Read the data, and whenever a line holds the word "failed", report that line.

RAW DATA Block Start

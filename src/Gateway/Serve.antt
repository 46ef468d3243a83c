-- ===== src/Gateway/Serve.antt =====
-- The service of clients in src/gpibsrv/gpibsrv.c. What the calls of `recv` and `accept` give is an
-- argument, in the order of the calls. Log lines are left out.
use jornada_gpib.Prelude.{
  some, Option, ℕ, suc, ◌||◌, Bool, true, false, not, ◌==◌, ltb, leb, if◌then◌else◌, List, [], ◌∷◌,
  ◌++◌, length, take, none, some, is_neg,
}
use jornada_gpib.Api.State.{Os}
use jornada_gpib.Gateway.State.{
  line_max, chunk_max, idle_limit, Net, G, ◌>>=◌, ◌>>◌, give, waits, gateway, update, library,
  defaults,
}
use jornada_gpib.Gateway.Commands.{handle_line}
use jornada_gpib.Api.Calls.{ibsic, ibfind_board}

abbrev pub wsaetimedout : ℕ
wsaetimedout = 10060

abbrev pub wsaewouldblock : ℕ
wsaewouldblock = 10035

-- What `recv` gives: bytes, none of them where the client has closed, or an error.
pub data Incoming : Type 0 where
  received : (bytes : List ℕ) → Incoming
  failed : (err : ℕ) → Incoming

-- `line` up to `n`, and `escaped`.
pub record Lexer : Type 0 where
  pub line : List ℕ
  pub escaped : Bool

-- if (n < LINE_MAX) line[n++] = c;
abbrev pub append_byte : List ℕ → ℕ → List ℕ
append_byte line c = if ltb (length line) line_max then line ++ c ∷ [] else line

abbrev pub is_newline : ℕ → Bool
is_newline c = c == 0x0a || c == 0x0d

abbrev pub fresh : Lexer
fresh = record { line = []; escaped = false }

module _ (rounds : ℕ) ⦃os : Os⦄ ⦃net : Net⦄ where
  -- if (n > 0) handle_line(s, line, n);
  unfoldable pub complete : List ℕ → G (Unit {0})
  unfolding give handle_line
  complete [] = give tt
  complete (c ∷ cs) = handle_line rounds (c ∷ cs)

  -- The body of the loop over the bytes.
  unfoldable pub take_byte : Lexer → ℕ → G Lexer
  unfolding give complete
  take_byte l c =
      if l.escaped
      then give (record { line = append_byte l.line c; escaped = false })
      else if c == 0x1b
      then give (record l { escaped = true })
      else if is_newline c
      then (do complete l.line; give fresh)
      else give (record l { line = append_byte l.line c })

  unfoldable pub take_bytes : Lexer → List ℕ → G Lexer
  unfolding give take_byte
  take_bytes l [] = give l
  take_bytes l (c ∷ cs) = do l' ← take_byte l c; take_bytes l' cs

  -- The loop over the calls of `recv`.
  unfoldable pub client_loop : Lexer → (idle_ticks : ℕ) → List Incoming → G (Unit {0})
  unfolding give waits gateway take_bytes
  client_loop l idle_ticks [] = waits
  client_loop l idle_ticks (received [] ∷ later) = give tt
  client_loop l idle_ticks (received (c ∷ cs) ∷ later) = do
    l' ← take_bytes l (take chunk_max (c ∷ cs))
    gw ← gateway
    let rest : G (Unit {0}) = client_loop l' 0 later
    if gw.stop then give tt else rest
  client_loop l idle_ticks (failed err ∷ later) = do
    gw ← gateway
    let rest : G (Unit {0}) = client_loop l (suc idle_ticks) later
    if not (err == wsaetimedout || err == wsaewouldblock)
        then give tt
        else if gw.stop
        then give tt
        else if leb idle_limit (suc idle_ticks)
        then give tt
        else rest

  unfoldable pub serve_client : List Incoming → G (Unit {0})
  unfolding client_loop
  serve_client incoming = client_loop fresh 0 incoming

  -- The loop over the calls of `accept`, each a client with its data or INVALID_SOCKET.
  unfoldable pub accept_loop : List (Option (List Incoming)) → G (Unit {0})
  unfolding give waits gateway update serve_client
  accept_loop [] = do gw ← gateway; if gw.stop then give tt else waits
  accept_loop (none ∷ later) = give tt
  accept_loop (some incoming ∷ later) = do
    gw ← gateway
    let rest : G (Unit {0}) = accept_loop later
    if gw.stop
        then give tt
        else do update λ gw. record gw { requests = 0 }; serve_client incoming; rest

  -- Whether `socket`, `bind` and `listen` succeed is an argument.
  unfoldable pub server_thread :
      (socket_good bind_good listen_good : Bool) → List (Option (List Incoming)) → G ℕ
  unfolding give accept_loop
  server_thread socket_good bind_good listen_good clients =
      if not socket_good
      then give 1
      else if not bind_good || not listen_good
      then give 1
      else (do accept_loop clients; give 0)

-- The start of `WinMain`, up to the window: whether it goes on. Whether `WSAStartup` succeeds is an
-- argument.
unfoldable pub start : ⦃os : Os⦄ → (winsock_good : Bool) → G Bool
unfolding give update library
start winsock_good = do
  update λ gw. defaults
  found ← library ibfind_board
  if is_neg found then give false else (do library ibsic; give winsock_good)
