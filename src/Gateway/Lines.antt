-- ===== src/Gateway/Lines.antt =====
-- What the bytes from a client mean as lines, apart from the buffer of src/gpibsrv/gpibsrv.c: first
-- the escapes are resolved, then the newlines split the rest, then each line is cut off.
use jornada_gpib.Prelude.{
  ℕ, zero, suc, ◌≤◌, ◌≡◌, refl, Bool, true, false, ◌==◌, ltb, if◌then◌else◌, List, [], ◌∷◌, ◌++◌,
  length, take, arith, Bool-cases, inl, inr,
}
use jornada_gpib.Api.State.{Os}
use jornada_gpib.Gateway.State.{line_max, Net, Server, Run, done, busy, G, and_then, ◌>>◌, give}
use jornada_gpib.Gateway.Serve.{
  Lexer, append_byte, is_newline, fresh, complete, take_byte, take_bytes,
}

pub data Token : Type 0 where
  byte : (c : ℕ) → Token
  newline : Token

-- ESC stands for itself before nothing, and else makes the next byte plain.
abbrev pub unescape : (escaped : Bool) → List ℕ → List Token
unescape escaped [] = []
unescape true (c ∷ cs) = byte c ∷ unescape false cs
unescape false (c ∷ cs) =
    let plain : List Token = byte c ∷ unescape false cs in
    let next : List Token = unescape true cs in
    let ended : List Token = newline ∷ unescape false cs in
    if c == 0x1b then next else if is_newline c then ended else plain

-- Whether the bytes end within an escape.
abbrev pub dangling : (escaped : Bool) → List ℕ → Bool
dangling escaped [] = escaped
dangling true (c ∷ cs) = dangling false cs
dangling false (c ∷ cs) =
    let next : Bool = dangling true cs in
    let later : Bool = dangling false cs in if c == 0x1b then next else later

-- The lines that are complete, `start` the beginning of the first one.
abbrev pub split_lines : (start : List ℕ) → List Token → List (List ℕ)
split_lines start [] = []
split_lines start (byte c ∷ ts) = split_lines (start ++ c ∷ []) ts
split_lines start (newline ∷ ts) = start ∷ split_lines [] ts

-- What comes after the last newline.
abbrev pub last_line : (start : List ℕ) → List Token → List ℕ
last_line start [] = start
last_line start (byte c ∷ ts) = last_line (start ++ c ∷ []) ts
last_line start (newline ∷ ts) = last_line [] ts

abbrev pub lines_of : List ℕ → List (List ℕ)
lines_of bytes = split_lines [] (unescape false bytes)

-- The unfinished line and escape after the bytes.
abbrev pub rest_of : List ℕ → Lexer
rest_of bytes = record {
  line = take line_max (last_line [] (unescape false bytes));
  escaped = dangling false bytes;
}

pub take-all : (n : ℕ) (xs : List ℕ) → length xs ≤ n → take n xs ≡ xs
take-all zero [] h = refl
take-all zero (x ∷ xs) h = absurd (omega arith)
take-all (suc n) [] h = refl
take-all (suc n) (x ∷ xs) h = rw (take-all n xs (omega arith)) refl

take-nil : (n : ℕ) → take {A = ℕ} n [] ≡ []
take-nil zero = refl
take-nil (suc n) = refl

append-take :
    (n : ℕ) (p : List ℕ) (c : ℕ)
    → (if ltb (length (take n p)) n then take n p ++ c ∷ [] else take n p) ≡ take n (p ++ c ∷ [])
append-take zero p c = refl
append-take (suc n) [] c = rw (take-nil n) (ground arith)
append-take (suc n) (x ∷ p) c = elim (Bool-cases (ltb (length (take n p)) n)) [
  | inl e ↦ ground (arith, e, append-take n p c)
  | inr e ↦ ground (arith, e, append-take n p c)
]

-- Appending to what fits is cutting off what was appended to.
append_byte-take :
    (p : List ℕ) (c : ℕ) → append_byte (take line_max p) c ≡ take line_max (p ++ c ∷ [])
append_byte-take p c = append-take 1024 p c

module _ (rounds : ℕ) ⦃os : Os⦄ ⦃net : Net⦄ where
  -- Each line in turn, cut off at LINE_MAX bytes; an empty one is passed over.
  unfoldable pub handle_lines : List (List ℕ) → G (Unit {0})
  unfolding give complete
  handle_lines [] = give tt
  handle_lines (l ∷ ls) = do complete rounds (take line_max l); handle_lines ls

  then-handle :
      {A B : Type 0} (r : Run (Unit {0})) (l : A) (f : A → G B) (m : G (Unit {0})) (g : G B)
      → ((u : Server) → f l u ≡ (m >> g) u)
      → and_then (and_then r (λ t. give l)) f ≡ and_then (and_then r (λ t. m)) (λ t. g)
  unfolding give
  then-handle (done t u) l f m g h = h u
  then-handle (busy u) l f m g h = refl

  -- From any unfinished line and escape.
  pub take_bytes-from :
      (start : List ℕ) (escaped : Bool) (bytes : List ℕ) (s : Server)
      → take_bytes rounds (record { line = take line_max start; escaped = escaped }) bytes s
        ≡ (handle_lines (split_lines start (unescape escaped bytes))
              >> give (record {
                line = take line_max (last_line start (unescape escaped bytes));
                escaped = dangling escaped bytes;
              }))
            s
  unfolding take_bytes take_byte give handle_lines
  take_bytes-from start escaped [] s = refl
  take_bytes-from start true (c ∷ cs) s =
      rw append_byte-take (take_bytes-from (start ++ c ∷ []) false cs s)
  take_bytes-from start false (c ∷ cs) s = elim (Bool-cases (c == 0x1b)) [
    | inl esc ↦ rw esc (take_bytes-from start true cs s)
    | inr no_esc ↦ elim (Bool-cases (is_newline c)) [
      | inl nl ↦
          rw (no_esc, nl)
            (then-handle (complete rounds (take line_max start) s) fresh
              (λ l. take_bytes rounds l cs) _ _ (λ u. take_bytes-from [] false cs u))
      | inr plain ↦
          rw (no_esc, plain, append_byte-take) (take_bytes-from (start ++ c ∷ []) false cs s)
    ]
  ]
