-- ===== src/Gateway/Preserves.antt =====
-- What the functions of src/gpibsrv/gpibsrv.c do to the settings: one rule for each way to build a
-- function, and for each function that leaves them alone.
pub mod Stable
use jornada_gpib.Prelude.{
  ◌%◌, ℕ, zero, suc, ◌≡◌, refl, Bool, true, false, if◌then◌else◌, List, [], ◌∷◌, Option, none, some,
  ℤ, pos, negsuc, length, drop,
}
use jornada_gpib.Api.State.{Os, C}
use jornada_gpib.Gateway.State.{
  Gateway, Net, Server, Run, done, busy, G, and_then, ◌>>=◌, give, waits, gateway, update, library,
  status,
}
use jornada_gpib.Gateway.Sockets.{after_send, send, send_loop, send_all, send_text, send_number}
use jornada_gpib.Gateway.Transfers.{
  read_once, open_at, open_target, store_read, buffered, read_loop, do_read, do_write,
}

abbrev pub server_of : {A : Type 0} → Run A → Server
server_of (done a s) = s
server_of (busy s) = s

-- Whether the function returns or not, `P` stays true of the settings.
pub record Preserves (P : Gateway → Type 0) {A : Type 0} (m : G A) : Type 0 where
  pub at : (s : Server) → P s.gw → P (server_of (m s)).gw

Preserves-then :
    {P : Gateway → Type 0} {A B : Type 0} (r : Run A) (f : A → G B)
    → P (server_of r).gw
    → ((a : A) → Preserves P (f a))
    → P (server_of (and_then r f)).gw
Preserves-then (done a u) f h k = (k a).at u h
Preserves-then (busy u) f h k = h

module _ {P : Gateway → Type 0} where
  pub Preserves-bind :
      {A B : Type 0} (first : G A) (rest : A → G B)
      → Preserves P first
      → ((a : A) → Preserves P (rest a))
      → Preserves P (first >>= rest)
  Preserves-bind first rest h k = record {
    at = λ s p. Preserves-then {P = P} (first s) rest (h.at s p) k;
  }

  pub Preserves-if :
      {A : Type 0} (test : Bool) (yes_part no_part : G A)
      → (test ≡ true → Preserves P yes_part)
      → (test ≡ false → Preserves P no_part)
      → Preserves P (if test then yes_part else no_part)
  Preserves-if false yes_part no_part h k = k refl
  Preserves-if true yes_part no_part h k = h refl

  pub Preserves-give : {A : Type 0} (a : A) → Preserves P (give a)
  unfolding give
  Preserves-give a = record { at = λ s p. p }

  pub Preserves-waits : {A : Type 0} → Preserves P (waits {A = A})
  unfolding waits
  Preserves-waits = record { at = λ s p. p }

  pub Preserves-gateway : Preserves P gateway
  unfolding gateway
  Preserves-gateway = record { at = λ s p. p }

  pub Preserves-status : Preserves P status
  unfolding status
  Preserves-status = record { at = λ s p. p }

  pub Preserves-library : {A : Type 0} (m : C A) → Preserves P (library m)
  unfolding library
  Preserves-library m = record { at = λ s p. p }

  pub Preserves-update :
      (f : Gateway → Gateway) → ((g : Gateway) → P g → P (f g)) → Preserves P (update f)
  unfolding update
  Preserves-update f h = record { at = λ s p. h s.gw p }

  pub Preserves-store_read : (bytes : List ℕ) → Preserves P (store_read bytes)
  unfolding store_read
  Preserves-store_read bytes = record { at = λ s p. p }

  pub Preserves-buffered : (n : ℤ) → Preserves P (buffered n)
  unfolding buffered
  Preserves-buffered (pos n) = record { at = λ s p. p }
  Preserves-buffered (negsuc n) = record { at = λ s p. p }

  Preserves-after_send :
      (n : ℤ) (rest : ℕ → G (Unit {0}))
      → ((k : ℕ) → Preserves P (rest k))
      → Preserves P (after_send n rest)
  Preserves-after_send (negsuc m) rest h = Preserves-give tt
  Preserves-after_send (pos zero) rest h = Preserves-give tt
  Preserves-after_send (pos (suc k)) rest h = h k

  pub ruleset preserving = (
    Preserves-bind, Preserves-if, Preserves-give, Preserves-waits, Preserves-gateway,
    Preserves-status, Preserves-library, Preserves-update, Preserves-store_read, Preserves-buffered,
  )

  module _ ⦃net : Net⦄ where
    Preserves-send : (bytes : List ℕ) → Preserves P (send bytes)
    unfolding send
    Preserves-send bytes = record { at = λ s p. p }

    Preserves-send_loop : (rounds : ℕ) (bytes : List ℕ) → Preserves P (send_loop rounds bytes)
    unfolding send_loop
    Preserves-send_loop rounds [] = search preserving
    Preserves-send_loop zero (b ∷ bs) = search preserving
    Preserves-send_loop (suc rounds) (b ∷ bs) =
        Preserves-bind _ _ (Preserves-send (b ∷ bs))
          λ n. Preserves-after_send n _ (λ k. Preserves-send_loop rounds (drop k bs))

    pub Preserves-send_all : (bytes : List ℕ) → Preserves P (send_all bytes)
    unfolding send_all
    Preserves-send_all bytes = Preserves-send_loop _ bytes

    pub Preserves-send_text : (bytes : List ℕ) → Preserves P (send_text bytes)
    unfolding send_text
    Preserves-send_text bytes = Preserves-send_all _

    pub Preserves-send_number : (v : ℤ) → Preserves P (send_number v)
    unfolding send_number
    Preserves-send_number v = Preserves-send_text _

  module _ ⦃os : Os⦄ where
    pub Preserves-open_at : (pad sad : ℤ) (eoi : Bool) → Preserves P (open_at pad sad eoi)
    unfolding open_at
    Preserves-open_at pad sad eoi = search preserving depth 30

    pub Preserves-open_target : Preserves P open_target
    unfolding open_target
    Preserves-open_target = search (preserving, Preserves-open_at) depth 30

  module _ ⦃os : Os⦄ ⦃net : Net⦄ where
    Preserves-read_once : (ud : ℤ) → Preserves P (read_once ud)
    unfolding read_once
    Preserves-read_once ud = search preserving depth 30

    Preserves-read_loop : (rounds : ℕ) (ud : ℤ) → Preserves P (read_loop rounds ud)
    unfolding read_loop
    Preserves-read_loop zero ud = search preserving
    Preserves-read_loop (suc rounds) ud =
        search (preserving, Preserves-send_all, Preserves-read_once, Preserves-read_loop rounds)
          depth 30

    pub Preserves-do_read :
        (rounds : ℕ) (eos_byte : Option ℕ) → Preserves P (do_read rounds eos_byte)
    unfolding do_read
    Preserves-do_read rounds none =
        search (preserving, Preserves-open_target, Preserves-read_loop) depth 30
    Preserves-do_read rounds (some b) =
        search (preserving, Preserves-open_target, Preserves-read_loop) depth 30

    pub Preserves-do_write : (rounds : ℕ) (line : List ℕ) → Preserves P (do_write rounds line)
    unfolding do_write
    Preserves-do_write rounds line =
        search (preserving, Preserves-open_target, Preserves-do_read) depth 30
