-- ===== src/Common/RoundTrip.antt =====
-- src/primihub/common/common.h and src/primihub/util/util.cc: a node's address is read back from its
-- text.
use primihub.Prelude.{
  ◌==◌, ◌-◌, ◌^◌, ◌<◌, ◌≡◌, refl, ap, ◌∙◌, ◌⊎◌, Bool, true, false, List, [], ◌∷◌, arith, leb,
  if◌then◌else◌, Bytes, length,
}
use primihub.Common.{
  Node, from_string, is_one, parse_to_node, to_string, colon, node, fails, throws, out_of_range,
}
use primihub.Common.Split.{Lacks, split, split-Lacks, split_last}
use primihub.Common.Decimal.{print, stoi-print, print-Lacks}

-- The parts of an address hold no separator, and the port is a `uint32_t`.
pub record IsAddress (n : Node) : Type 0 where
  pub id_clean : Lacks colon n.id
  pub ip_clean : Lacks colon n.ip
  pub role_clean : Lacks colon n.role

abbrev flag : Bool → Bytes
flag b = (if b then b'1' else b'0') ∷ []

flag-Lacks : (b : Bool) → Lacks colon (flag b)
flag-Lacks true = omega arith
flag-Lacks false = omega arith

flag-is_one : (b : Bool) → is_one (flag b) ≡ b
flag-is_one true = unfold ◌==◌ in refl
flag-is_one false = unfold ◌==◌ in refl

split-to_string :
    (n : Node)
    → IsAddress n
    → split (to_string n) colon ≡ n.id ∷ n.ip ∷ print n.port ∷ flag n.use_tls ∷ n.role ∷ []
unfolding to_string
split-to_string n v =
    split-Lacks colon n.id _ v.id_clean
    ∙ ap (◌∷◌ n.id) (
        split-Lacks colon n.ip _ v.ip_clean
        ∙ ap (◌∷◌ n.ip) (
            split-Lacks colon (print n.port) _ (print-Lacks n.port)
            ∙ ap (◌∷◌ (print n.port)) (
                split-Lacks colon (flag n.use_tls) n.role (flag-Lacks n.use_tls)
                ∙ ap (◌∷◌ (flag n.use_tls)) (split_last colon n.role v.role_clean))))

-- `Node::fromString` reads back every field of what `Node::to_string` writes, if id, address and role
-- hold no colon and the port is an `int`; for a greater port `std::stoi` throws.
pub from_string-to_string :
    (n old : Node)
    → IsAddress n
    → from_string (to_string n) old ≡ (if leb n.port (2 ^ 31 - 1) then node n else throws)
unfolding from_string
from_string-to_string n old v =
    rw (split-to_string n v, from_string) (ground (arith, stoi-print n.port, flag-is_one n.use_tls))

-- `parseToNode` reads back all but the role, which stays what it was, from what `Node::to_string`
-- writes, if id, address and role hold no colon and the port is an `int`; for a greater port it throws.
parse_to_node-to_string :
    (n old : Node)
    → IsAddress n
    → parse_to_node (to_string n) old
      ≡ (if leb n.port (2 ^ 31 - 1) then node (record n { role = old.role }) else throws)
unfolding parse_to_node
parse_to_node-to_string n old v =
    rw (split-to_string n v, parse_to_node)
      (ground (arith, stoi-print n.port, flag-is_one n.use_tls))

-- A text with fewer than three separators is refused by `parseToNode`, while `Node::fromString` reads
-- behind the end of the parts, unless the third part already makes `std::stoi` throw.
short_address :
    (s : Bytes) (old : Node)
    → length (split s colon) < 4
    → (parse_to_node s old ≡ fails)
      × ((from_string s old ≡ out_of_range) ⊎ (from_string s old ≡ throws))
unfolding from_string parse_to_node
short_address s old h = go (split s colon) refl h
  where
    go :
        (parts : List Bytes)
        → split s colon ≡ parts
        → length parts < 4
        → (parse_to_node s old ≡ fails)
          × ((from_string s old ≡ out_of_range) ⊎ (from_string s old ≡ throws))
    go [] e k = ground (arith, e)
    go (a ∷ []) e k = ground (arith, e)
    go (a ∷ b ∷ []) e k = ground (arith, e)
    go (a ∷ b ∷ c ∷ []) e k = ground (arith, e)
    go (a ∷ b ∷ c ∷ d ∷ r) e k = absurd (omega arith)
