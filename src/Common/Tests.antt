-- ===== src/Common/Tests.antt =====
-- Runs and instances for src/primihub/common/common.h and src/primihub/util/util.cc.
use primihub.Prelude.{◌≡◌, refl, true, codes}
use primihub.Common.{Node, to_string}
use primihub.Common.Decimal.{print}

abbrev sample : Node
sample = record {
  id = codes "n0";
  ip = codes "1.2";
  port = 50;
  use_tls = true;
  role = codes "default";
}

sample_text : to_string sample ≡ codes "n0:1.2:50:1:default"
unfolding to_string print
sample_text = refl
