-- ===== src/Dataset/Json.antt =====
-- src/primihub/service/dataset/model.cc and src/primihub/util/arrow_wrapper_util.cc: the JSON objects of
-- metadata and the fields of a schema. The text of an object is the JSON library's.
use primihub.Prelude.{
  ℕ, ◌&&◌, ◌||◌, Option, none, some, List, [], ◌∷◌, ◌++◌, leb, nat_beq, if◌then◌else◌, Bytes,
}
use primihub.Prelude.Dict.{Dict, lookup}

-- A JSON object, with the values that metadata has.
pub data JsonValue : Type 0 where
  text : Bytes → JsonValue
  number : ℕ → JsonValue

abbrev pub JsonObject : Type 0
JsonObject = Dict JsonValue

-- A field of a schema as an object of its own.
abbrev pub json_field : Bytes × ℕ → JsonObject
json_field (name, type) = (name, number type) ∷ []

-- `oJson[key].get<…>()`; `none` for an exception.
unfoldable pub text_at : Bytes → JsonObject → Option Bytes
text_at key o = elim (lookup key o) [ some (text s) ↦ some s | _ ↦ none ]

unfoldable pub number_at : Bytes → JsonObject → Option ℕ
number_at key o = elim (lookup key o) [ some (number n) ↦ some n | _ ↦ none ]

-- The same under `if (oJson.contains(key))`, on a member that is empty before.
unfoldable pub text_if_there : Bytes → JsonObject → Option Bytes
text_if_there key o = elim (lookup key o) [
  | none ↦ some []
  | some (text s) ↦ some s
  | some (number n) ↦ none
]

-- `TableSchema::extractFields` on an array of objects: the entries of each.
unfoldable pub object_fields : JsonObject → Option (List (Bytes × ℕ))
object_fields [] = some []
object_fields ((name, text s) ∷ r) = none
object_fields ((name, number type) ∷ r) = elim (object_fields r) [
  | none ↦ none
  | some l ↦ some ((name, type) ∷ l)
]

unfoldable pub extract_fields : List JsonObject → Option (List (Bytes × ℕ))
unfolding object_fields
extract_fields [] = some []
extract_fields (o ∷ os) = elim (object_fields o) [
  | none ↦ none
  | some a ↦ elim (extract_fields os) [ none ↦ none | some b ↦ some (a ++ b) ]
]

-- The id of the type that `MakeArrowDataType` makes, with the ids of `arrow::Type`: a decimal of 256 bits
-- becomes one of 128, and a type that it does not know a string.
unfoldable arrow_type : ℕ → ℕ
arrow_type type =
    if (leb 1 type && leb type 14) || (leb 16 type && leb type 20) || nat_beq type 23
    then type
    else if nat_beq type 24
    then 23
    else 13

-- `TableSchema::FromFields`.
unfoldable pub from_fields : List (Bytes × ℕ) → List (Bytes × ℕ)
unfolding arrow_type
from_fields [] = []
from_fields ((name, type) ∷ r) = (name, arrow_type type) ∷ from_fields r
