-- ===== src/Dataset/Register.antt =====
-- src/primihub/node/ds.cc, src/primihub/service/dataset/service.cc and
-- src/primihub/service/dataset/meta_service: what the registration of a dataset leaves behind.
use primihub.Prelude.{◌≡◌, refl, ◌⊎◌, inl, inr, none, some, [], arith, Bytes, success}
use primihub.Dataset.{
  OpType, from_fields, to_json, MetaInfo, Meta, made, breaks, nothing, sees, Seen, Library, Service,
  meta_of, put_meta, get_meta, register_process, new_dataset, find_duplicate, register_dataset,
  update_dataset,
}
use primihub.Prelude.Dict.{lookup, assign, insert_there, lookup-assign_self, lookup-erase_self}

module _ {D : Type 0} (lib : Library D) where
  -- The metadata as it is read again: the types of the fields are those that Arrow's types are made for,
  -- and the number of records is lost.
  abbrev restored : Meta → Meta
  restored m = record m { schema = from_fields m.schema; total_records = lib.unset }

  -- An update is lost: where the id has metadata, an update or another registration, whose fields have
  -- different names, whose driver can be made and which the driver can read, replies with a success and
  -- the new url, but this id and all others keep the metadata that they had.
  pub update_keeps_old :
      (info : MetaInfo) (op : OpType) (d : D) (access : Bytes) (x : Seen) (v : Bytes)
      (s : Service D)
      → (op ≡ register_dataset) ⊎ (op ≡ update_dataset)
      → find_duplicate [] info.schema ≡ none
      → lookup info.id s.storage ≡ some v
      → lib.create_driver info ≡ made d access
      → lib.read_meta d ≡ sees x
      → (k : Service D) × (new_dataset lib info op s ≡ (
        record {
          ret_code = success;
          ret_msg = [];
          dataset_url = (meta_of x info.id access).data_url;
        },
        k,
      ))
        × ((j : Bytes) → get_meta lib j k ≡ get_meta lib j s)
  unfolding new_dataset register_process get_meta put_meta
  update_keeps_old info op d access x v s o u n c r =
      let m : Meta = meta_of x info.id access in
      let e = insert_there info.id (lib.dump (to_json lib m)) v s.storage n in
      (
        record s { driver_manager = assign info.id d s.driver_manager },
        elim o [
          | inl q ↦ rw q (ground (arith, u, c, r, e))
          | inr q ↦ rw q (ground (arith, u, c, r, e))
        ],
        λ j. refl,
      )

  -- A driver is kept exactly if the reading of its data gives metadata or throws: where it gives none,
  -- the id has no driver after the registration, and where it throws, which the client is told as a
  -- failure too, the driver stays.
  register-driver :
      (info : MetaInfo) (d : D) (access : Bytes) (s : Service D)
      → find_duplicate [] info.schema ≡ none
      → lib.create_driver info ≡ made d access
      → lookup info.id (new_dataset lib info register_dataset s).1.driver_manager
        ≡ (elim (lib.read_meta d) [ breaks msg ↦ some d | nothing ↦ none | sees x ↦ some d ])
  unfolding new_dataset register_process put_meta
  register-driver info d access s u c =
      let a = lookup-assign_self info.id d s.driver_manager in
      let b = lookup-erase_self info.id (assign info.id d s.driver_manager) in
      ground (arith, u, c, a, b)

RAW DATA Block End

▸ **EXERCISE ANSWER**
  failed : (err : ℕ) → Incoming
  client_loop l idle_ticks (failed err ∷ later) = do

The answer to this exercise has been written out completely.